What to work on: All lines from the one containing "scaled ← checked_i" down to the one containing "saturate_i 128 (f.offset_q", both ends included, are to be given again exactly; omit the rest of the listing below.

Provided entries:
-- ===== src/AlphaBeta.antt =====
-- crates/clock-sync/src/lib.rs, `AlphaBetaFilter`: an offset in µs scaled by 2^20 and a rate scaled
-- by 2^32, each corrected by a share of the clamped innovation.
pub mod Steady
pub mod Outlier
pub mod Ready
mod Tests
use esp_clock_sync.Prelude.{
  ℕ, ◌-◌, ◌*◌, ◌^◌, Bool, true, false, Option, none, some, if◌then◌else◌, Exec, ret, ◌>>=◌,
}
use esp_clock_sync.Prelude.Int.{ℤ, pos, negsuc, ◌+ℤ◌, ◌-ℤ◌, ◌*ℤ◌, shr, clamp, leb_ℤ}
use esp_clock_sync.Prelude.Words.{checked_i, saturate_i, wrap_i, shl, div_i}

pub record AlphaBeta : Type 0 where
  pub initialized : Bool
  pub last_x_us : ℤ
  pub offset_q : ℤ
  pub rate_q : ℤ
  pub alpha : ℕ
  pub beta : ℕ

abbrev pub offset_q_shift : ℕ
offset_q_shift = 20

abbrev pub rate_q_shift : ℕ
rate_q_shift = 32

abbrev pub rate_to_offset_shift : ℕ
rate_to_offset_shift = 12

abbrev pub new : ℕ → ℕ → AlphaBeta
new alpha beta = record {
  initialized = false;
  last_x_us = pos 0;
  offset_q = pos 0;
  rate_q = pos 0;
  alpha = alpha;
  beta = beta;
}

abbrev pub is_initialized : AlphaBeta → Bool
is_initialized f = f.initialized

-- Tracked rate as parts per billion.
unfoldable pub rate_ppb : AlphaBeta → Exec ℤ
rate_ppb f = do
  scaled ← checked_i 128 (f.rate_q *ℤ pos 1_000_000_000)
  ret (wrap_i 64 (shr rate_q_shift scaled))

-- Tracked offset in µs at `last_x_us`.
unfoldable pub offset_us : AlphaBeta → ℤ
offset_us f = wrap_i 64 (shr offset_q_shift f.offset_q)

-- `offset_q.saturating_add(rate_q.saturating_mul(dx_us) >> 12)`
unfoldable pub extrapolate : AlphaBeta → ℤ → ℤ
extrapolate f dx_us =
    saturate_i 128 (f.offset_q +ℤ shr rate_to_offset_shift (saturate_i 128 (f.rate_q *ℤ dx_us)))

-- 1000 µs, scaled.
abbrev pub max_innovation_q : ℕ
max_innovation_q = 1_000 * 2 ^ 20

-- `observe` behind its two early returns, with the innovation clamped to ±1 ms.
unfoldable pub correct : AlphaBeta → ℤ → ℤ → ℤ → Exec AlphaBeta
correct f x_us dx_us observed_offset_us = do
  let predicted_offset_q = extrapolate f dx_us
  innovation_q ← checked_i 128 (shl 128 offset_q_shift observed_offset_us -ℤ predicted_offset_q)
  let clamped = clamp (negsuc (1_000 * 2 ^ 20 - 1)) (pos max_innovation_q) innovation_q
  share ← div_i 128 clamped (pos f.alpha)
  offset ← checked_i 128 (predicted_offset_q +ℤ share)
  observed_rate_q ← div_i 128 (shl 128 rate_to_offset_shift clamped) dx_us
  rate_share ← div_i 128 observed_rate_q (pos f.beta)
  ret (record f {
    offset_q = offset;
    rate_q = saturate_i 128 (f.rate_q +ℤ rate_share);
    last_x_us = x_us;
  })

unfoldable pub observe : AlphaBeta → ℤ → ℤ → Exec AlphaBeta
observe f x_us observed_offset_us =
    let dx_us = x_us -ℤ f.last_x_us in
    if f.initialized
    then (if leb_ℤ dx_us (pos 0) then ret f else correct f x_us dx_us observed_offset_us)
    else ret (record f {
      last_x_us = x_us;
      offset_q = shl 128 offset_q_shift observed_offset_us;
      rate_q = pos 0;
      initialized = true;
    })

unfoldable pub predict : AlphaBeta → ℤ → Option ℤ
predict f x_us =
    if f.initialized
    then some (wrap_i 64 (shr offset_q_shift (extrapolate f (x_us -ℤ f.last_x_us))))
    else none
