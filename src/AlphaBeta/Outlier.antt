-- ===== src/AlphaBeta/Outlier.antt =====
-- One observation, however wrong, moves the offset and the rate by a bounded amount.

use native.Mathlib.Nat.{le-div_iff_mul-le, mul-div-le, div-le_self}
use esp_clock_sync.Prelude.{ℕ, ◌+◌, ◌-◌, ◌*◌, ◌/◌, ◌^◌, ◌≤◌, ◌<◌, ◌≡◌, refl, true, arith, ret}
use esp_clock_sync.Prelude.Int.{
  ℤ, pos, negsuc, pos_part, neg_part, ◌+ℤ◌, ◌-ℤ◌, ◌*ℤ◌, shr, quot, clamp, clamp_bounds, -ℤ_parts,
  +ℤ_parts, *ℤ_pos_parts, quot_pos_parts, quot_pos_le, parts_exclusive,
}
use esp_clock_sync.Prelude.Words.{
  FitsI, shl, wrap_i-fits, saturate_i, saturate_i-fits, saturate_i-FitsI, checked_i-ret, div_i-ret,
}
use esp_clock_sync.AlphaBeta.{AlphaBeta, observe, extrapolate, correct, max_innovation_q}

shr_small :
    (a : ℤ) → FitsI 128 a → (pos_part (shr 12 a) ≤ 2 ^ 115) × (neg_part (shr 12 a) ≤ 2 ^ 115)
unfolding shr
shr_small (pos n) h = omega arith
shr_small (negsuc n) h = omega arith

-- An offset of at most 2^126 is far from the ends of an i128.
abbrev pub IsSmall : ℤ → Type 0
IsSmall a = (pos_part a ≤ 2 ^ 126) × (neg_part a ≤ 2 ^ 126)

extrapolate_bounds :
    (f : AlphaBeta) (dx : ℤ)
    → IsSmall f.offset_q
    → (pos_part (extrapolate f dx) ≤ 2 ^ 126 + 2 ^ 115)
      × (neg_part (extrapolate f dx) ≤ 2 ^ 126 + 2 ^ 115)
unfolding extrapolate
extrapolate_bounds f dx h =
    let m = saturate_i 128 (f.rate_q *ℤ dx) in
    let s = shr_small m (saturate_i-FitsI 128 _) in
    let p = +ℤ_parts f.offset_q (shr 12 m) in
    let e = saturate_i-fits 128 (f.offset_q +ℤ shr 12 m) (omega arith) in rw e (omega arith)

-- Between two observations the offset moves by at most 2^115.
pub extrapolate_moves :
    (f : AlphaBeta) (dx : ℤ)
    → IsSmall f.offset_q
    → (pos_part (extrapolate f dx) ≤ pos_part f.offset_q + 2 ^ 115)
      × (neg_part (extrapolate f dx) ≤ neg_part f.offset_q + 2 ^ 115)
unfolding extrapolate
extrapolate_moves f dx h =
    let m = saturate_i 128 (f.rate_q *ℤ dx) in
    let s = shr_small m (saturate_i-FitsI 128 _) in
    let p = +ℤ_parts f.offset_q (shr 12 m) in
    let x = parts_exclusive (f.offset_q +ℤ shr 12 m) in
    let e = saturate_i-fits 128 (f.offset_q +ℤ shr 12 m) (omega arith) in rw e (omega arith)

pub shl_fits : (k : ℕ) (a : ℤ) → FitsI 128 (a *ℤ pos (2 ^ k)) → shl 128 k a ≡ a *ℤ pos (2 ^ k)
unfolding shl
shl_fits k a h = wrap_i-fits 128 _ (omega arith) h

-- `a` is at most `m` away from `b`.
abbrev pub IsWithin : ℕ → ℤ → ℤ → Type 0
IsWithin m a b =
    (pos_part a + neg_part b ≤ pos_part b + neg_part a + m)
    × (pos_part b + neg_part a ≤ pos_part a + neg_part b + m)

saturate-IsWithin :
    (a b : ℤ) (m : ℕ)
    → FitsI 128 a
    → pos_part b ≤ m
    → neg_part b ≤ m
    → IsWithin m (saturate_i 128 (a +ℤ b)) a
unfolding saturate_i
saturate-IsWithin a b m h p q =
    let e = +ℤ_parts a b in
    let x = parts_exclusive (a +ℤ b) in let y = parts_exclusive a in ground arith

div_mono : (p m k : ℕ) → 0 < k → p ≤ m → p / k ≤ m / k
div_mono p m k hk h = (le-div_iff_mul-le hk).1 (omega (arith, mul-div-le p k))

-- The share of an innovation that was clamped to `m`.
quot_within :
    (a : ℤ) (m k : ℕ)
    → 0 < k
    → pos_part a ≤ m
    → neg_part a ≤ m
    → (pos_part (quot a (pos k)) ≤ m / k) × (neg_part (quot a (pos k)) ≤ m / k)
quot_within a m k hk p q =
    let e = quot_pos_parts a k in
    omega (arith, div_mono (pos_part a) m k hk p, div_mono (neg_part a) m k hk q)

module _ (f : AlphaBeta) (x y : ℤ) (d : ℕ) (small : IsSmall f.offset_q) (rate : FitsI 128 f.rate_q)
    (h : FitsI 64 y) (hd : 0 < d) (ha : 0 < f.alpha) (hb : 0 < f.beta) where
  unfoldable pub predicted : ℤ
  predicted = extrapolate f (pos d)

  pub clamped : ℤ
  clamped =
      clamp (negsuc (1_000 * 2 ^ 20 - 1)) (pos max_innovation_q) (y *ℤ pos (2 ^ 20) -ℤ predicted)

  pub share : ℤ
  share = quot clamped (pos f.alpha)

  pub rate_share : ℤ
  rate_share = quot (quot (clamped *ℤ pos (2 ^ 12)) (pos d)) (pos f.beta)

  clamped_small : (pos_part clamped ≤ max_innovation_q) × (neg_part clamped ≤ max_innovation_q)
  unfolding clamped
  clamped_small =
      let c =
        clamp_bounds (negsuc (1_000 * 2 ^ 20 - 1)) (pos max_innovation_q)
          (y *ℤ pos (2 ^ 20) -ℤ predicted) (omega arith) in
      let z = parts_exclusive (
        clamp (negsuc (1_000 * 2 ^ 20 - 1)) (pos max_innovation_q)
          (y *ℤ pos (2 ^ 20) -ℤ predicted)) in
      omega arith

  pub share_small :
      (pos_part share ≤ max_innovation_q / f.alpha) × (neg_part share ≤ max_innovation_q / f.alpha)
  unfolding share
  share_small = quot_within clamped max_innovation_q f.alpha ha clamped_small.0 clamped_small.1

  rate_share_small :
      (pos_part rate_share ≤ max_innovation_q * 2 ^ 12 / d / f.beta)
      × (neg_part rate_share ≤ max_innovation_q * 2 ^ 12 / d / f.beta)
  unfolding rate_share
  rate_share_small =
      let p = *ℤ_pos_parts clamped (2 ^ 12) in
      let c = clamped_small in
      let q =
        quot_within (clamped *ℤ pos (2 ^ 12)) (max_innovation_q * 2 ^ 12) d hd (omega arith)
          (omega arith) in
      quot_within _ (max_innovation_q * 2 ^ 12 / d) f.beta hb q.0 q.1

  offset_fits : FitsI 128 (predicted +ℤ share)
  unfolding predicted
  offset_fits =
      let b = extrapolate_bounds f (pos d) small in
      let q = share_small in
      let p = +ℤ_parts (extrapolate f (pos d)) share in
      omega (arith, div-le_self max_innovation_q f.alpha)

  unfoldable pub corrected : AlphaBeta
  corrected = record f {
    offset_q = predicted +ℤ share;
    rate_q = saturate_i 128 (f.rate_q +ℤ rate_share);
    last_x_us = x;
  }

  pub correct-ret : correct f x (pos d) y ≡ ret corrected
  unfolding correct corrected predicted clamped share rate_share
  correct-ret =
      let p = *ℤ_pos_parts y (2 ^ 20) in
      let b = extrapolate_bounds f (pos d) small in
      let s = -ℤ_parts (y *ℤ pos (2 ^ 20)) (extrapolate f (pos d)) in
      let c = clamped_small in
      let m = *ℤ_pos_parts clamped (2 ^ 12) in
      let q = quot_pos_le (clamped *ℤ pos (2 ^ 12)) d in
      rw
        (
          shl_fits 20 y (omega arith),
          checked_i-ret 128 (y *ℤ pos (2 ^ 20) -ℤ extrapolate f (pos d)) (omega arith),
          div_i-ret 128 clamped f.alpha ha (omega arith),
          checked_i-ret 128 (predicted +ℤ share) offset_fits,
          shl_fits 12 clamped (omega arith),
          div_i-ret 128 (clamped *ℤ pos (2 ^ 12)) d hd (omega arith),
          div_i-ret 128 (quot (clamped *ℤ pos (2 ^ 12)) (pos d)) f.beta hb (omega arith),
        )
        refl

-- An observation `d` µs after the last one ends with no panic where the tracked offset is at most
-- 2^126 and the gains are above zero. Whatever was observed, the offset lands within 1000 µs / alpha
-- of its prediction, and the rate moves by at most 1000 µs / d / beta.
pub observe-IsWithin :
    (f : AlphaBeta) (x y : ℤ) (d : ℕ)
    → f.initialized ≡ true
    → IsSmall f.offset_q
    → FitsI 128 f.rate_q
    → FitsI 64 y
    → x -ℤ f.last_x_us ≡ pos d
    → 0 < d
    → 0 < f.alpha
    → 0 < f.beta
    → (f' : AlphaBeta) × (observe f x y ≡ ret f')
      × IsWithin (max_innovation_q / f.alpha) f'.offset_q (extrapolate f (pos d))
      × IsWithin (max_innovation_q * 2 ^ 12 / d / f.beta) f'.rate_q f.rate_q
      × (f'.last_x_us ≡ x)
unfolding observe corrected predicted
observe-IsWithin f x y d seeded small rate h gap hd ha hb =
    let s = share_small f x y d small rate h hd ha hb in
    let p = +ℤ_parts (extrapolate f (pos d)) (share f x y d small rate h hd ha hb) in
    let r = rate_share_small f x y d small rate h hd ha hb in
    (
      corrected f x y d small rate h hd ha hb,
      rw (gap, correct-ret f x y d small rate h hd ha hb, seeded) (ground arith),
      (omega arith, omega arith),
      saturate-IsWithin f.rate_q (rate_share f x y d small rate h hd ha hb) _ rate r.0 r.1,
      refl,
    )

Written solution:
  scaled ← checked_i 128 (f.rate_q *ℤ pos 1_000_000_000)
  ret (wrap_i 64 (shr rate_q_shift scaled))

-- Tracked offset in µs at `last_x_us`.
unfoldable pub offset_us : AlphaBeta → ℤ
offset_us f = wrap_i 64 (shr offset_q_shift f.offset_q)

-- `offset_q.saturating_add(rate_q.saturating_mul(dx_us) >> 12)`
unfoldable pub extrapolate : AlphaBeta → ℤ → ℤ
extrapolate f dx_us =
    saturate_i 128 (f.offset_q +ℤ shr rate_to_offset_shift (saturate_i 128 (f.rate_q *ℤ dx_us)))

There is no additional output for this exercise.